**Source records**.
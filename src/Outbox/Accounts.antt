-- ===== src/Outbox/Accounts.antt =====
-- What the budget row of the outbox stands for: the counts, the limits and the order of the turns.
use elmybot.Base.{
  ℕ, suc, ◌+◌, ◌*◌, ◌≤◌, ◌<◌, ◌≡◌, refl, ap, ◌∙◌, String, inl, inr, Bool, List, [], ◌∷◌, ◌++◌,
  is_some, arith, All, All-append, Bool-cases, length, length-append, if◌then◌else◌,
}
use elmybot.Sql.{update, find, has_key, upsert, Distinct, update-All, any_row-find}
use elmybot.Outbox.Types.{Partition, OutboxRow, OutboxBudget, Outbox, new_outbox}
use elmybot.Outbox.Admission.{max_rows, max_bytes, max_partitions, partition_key, operation_id}

unfoldable pub total_bytes : List OutboxRow → ℕ
total_bytes [] = 0
total_bytes (row ∷ rows) = row.intent_bytes + total_bytes rows

-- The rows stand in the order of their turns, and no turn is later than the last one given out.
unfoldable pub Queue : ℕ → List OutboxRow → Type 0
Queue turn [] = Unit
Queue turn (x ∷ xs) =
    (x.relay_turn ≤ turn) × All (λ y. x.relay_turn < y.relay_turn) xs × Queue turn xs

unfoldable pub RowsValid : ℕ → OutboxBudget → List OutboxRow → Type 0
RowsValid turn budget rows =
    (budget.rows ≡ length rows)
    × (budget.bytes ≡ total_bytes rows)
    × (budget.rows ≤ max_rows)
    × (budget.bytes + budget.rows * 512 ≤ max_bytes)
    × Distinct operation_id rows
    × Queue turn rows

unfoldable pub PartitionsValid : OutboxBudget → List Partition → Type 0
PartitionsValid budget partitions =
    (budget.partitions ≡ length partitions) × (budget.partitions ≤ max_partitions)

unfoldable pub IsAccounted : Outbox → Type 0
unfolding RowsValid PartitionsValid
IsAccounted s =
    RowsValid s.schedule.turn s.budget s.rows
    × PartitionsValid s.budget s.partitions
    × (length s.streams ≤ max_partitions)

pub new_outbox-IsAccounted : IsAccounted new_outbox
unfolding IsAccounted RowsValid PartitionsValid total_bytes Queue
new_outbox-IsAccounted =
    ((refl, refl, omega arith, omega arith, tt, tt), (refl, omega arith), omega arith)

pub length-update {ℓ} :
    {A : Type ℓ} (p : A → Bool) (f : A → A) (xs : List A) → length (update p f xs) ≡ length xs
unfolding update
length-update p f [] = refl
length-update p f (x ∷ xs) = ap suc (length-update p f xs)

pub total_bytes-update :
    (p : OutboxRow → Bool) (f : OutboxRow → OutboxRow)
    → ((x : OutboxRow) → (f x).intent_bytes ≡ x.intent_bytes)
    → (rows : List OutboxRow) → total_bytes (update p f rows) ≡ total_bytes rows
unfolding total_bytes update
total_bytes-update p f keep [] = refl
total_bytes-update p f keep (x ∷ xs) = elim (Bool-cases (p x)) [
  | inl e ↦ rw (e, keep x, total_bytes-update p f keep xs)
  | inr e ↦ rw (e, total_bytes-update p f keep xs)
]

pub total_bytes-append :
    (xs : List OutboxRow) (y : OutboxRow)
    → total_bytes (xs ++ y ∷ []) ≡ total_bytes xs + y.intent_bytes
unfolding total_bytes
total_bytes-append [] y = omega arith
total_bytes-append (x ∷ xs) y = omega (arith, total_bytes-append xs y)

pub Queue-update :
    (turn : ℕ) (p : OutboxRow → Bool) (f : OutboxRow → OutboxRow)
    → ((x : OutboxRow) → (f x).relay_turn ≡ x.relay_turn)
    → (rows : List OutboxRow) → Queue turn rows
    → Queue turn (update p f rows)
unfolding Queue update
Queue-update turn p f keep [] q = tt
Queue-update turn p f keep (x ∷ xs) q = elim (Bool-cases (p x)) [
  | inl e ↦ rw e (rw (keep x) q.0, rw (keep x) later, Queue-update turn p f keep xs q.2)
  | inr e ↦ rw e (q.0, later, Queue-update turn p f keep xs q.2)
]
  where
    later : All (λ y. x.relay_turn < y.relay_turn) (update p f xs)
    later = update-All (λ y. x.relay_turn < y.relay_turn) p f xs (λ y _ h. rw (keep y) h) q.1

pub Queue-append :
    (turn : ℕ) (xs : List OutboxRow) (y : OutboxRow)
    → Queue turn xs
    → y.relay_turn ≡ suc turn
    → Queue (suc turn) (xs ++ y ∷ [])
unfolding Queue
Queue-append turn [] y q e = (omega (arith, e), tt, tt)
Queue-append turn (x ∷ xs) y q e = (
  omega (arith, q.0),
  All-append (λ z. x.relay_turn < z.relay_turn) xs (y ∷ []) q.1 (omega (arith, q.0, e), tt),
  Queue-append turn xs y q.2 e,
)

-- What a sequence that is recorded adds to the partitions.
pub length-upsert :
    (feature : String) (f : Partition → Partition) (y : Partition) (ps : List Partition)
    → length (upsert (has_key partition_key feature) f y ps)
      ≡ length ps + (if is_some (find partition_key feature ps) then 0 else 1)
unfolding upsert
length-upsert feature f y ps = elim (Bool-cases (is_some (find partition_key feature ps))) [
  | inl known ↦
      rw (any_row-find partition_key feature ps, known)
        (length-update (has_key partition_key feature) f ps ∙ omega arith)
  | inr new ↦ rw (any_row-find partition_key feature ps, new) (length-append ps (y ∷ []))
]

**PROBLEM REQUIREMENTS**.
A faithful copy of every record is required; output it in full.

**SOLVED EXERCISE**.
filename src/Outbox/Accounts.antt
-- ===== src/Outbox/Accounts.antt =====
-- What the budget row of the outbox stands for: the counts, the limits and the order of the turns.
use elmybot.Base.{
  ℕ, suc, ◌+◌, ◌*◌, ◌≤◌, ◌<◌, ◌≡◌, refl, ap, ◌∙◌, String, inl, inr, Bool, List, [], ◌∷◌, ◌++◌,
  is_some, arith, All, All-append, Bool-cases, length, length-append, if◌then◌else◌,
}
use elmybot.Sql.{update, find, has_key, upsert, Distinct, update-All, any_row-find}
use elmybot.Outbox.Types.{Partition, OutboxRow, OutboxBudget, Outbox, new_outbox}
use elmybot.Outbox.Admission.{max_rows, max_bytes, max_partitions, partition_key, operation_id}

unfoldable pub total_bytes : List OutboxRow → ℕ
total_bytes [] = 0
total_bytes (row ∷ rows) = row.intent_bytes + total_bytes rows

-- The rows stand in the order of their turns, and no turn is later than the last one given out.
unfoldable pub Queue : ℕ → List OutboxRow → Type 0
Queue turn [] = Unit
Queue turn (x ∷ xs) =
    (x.relay_turn ≤ turn) × All (λ y. x.relay_turn < y.relay_turn) xs × Queue turn xs

unfoldable pub RowsValid : ℕ → OutboxBudget → List OutboxRow → Type 0
RowsValid turn budget rows =
    (budget.rows ≡ length rows)
    × (budget.bytes ≡ total_bytes rows)
    × (budget.rows ≤ max_rows)
    × (budget.bytes + budget.rows * 512 ≤ max_bytes)
    × Distinct operation_id rows
    × Queue turn rows

unfoldable pub PartitionsValid : OutboxBudget → List Partition → Type 0
PartitionsValid budget partitions =
    (budget.partitions ≡ length partitions) × (budget.partitions ≤ max_partitions)

unfoldable pub IsAccounted : Outbox → Type 0
unfolding RowsValid PartitionsValid
IsAccounted s =
    RowsValid s.schedule.turn s.budget s.rows
    × PartitionsValid s.budget s.partitions
    × (length s.streams ≤ max_partitions)

pub new_outbox-IsAccounted : IsAccounted new_outbox
unfolding IsAccounted RowsValid PartitionsValid total_bytes Queue
new_outbox-IsAccounted =
    ((refl, refl, omega arith, omega arith, tt, tt), (refl, omega arith), omega arith)

pub length-update {ℓ} :
    {A : Type ℓ} (p : A → Bool) (f : A → A) (xs : List A) → length (update p f xs) ≡ length xs
unfolding update
length-update p f [] = refl
length-update p f (x ∷ xs) = ap suc (length-update p f xs)

pub total_bytes-update :
    (p : OutboxRow → Bool) (f : OutboxRow → OutboxRow)
    → ((x : OutboxRow) → (f x).intent_bytes ≡ x.intent_bytes)
    → (rows : List OutboxRow) → total_bytes (update p f rows) ≡ total_bytes rows
unfolding total_bytes update
total_bytes-update p f keep [] = refl
total_bytes-update p f keep (x ∷ xs) = elim (Bool-cases (p x)) [
  | inl e ↦ rw (e, keep x, total_bytes-update p f keep xs)
  | inr e ↦ rw (e, total_bytes-update p f keep xs)
]

pub total_bytes-append :
    (xs : List OutboxRow) (y : OutboxRow)
    → total_bytes (xs ++ y ∷ []) ≡ total_bytes xs + y.intent_bytes
unfolding total_bytes
total_bytes-append [] y = omega arith
total_bytes-append (x ∷ xs) y = omega (arith, total_bytes-append xs y)

pub Queue-update :
    (turn : ℕ) (p : OutboxRow → Bool) (f : OutboxRow → OutboxRow)
    → ((x : OutboxRow) → (f x).relay_turn ≡ x.relay_turn)
    → (rows : List OutboxRow) → Queue turn rows
    → Queue turn (update p f rows)
unfolding Queue update
Queue-update turn p f keep [] q = tt
Queue-update turn p f keep (x ∷ xs) q = elim (Bool-cases (p x)) [
  | inl e ↦ rw e (rw (keep x) q.0, rw (keep x) later, Queue-update turn p f keep xs q.2)
  | inr e ↦ rw e (q.0, later, Queue-update turn p f keep xs q.2)
]
  where
    later : All (λ y. x.relay_turn < y.relay_turn) (update p f xs)
    later = update-All (λ y. x.relay_turn < y.relay_turn) p f xs (λ y _ h. rw (keep y) h) q.1

pub Queue-append :
    (turn : ℕ) (xs : List OutboxRow) (y : OutboxRow)
    → Queue turn xs
    → y.relay_turn ≡ suc turn
    → Queue (suc turn) (xs ++ y ∷ [])
unfolding Queue
Queue-append turn [] y q e = (omega (arith, e), tt, tt)
Queue-append turn (x ∷ xs) y q e = (
  omega (arith, q.0),
  All-append (λ z. x.relay_turn < z.relay_turn) xs (y ∷ []) q.1 (omega (arith, q.0, e), tt),
  Queue-append turn xs y q.2 e,
)

-- What a sequence that is recorded adds to the partitions.
pub length-upsert :
    (feature : String) (f : Partition → Partition) (y : Partition) (ps : List Partition)
    → length (upsert (has_key partition_key feature) f y ps)
      ≡ length ps + (if is_some (find partition_key feature ps) then 0 else 1)
unfolding upsert
length-upsert feature f y ps = elim (Bool-cases (is_some (find partition_key feature ps))) [
  | inl known ↦
      rw (any_row-find partition_key feature ps, known)
        (length-update (has_key partition_key feature) f ps ∙ omega arith)
  | inr new ↦ rw (any_row-find partition_key feature ps, new) (length-append ps (y ∷ []))
]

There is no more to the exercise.